_Exercise goal:_
Below are some entries. Output each one exactly as it appears.

_Data extracts:_
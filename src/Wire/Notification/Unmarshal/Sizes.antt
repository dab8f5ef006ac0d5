-- ===== src/Wire/Notification/Unmarshal/Sizes.antt =====
-- The bytes of a notification are at least as many as its objects.
use haze.Base.{ℕ, suc, ◌++◌, ◌≤◌, ◌<◌, pos, negsuc, some, List, length, length-append, arith}
use haze.Object.{
  Value, Object, Slots, bool, int, uint, float, double, str, bin, array, object, end, slot, hole,
}
use haze.Object.Copy.{count}
use haze.Wire.Mpack.{Tag}
use haze.Wire.Encode.{c_bytes}
use haze.Wire.Notification.{rpc_notification}
use haze.Wire.Notification.Encoding.{
  object_sent, slots_sent, value_sent, data_sent, notification_bytes,
}
use haze.Wire.Notification.Unmarshal.Laws.{weight, weight_value, weight_slots}

-- Each object takes a byte at least.
module _ (enc : Tag → List ℕ) (positive : (t : Tag) → 0 < length (enc t)) where
  mutual
    value_fits : (v : Value) (size : ℕ) → weight_value v < length (value_sent enc v size)
    value_fits (bool b) size = positive (Tag.bool b)
    value_fits (int (pos n)) size = positive (Tag.uint n)
    value_fits (int (negsuc n)) size = positive (Tag.int (negsuc n))
    value_fits (uint n) size = positive (Tag.uint n)
    value_fits (float x) size = positive (Tag.float x)
    value_fits (double x) size = positive (Tag.double x)
    value_fits (str (some s)) size =
        let t = c_bytes size s in
        omega (arith, positive (Tag.str (length t)), length-append (enc (Tag.str (length t))) t)
    value_fits (bin (some b)) size =
        let t = data_sent b.bytes b.len in
        omega (arith, positive (Tag.bin (length t)), length-append (enc (Tag.bin (length t))) t)
    value_fits (array slots capacity) size = omega (
      arith,
      positive (Tag.array (count slots)),
      length-append (enc (Tag.array (count slots))) (slots_sent enc slots),
      slots_fit slots,
    )
    value_fits _ size = positive Tag.nil

    object_fits : (o : Object) → weight o ≤ length (object_sent enc o)
    object_fits (object v size) = value_fits v size

    slots_fit : (s : Slots) → weight_slots s ≤ length (slots_sent enc s)
    slots_fit end = omega arith
    slots_fit (hole rest) =
        omega (arith, slots_fit rest, length-append (enc Tag.nil) (slots_sent enc rest))
    slots_fit (slot o rest) = omega (
      arith,
      slots_fit rest,
      object_fits o,
      length-append (object_sent enc o) (slots_sent enc rest),
    )

  pub notification_fits :
      (m : List ℕ) (slots : Slots) (rest : List ℕ)
      → suc (weight_slots slots) ≤ length (notification_bytes enc m slots ++ rest)
  notification_fits m slots rest = omega (
    arith,
    slots_fit slots,
    positive (Tag.array 3),
    length-append (notification_bytes enc m slots) rest,
    length-append (enc (Tag.array 3)) (
        enc (Tag.uint rpc_notification)
        ++ (enc (Tag.str (length m))
            ++ (m ++ (enc (Tag.array (count slots)) ++ slots_sent enc slots)))),
    length-append (enc (Tag.uint rpc_notification)) (
        enc (Tag.str (length m)) ++ (m ++ (enc (Tag.array (count slots)) ++ slots_sent enc slots))),
    length-append (enc (Tag.str (length m)))
        (m ++ (enc (Tag.array (count slots)) ++ slots_sent enc slots)),
    length-append m (enc (Tag.array (count slots)) ++ slots_sent enc slots),
    length-append (enc (Tag.array (count slots))) (slots_sent enc slots),
  )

_Expected answer:_
filename src/Wire/Notification/Unmarshal/Sizes.antt
repository dab8f5ef006ac0d5
-- ===== src/Wire/Notification/Unmarshal/Sizes.antt =====
-- The bytes of a notification are at least as many as its objects.
use haze.Base.{ℕ, suc, ◌++◌, ◌≤◌, ◌<◌, pos, negsuc, some, List, length, length-append, arith}
use haze.Object.{
  Value, Object, Slots, bool, int, uint, float, double, str, bin, array, object, end, slot, hole,
}
use haze.Object.Copy.{count}
use haze.Wire.Mpack.{Tag}
use haze.Wire.Encode.{c_bytes}
use haze.Wire.Notification.{rpc_notification}
use haze.Wire.Notification.Encoding.{
  object_sent, slots_sent, value_sent, data_sent, notification_bytes,
}
use haze.Wire.Notification.Unmarshal.Laws.{weight, weight_value, weight_slots}

-- Each object takes a byte at least.
module _ (enc : Tag → List ℕ) (positive : (t : Tag) → 0 < length (enc t)) where
  mutual
    value_fits : (v : Value) (size : ℕ) → weight_value v < length (value_sent enc v size)
    value_fits (bool b) size = positive (Tag.bool b)
    value_fits (int (pos n)) size = positive (Tag.uint n)
    value_fits (int (negsuc n)) size = positive (Tag.int (negsuc n))
    value_fits (uint n) size = positive (Tag.uint n)
    value_fits (float x) size = positive (Tag.float x)
    value_fits (double x) size = positive (Tag.double x)
    value_fits (str (some s)) size =
        let t = c_bytes size s in
        omega (arith, positive (Tag.str (length t)), length-append (enc (Tag.str (length t))) t)
    value_fits (bin (some b)) size =
        let t = data_sent b.bytes b.len in
        omega (arith, positive (Tag.bin (length t)), length-append (enc (Tag.bin (length t))) t)
    value_fits (array slots capacity) size = omega (
      arith,
      positive (Tag.array (count slots)),
      length-append (enc (Tag.array (count slots))) (slots_sent enc slots),
      slots_fit slots,
    )
    value_fits _ size = positive Tag.nil

    object_fits : (o : Object) → weight o ≤ length (object_sent enc o)
    object_fits (object v size) = value_fits v size

    slots_fit : (s : Slots) → weight_slots s ≤ length (slots_sent enc s)
    slots_fit end = omega arith
    slots_fit (hole rest) =
        omega (arith, slots_fit rest, length-append (enc Tag.nil) (slots_sent enc rest))
    slots_fit (slot o rest) = omega (
      arith,
      slots_fit rest,
      object_fits o,
      length-append (object_sent enc o) (slots_sent enc rest),
    )

  pub notification_fits :
      (m : List ℕ) (slots : Slots) (rest : List ℕ)
      → suc (weight_slots slots) ≤ length (notification_bytes enc m slots ++ rest)
  notification_fits m slots rest = omega (
    arith,
    slots_fit slots,
    positive (Tag.array 3),
    length-append (notification_bytes enc m slots) rest,
    length-append (enc (Tag.array 3)) (
        enc (Tag.uint rpc_notification)
        ++ (enc (Tag.str (length m))
            ++ (m ++ (enc (Tag.array (count slots)) ++ slots_sent enc slots)))),
    length-append (enc (Tag.uint rpc_notification)) (
        enc (Tag.str (length m)) ++ (m ++ (enc (Tag.array (count slots)) ++ slots_sent enc slots))),
    length-append (enc (Tag.str (length m)))
        (m ++ (enc (Tag.array (count slots)) ++ slots_sent enc slots)),
    length-append m (enc (Tag.array (count slots)) ++ slots_sent enc slots),
    length-append (enc (Tag.array (count slots))) (slots_sent enc slots),
  )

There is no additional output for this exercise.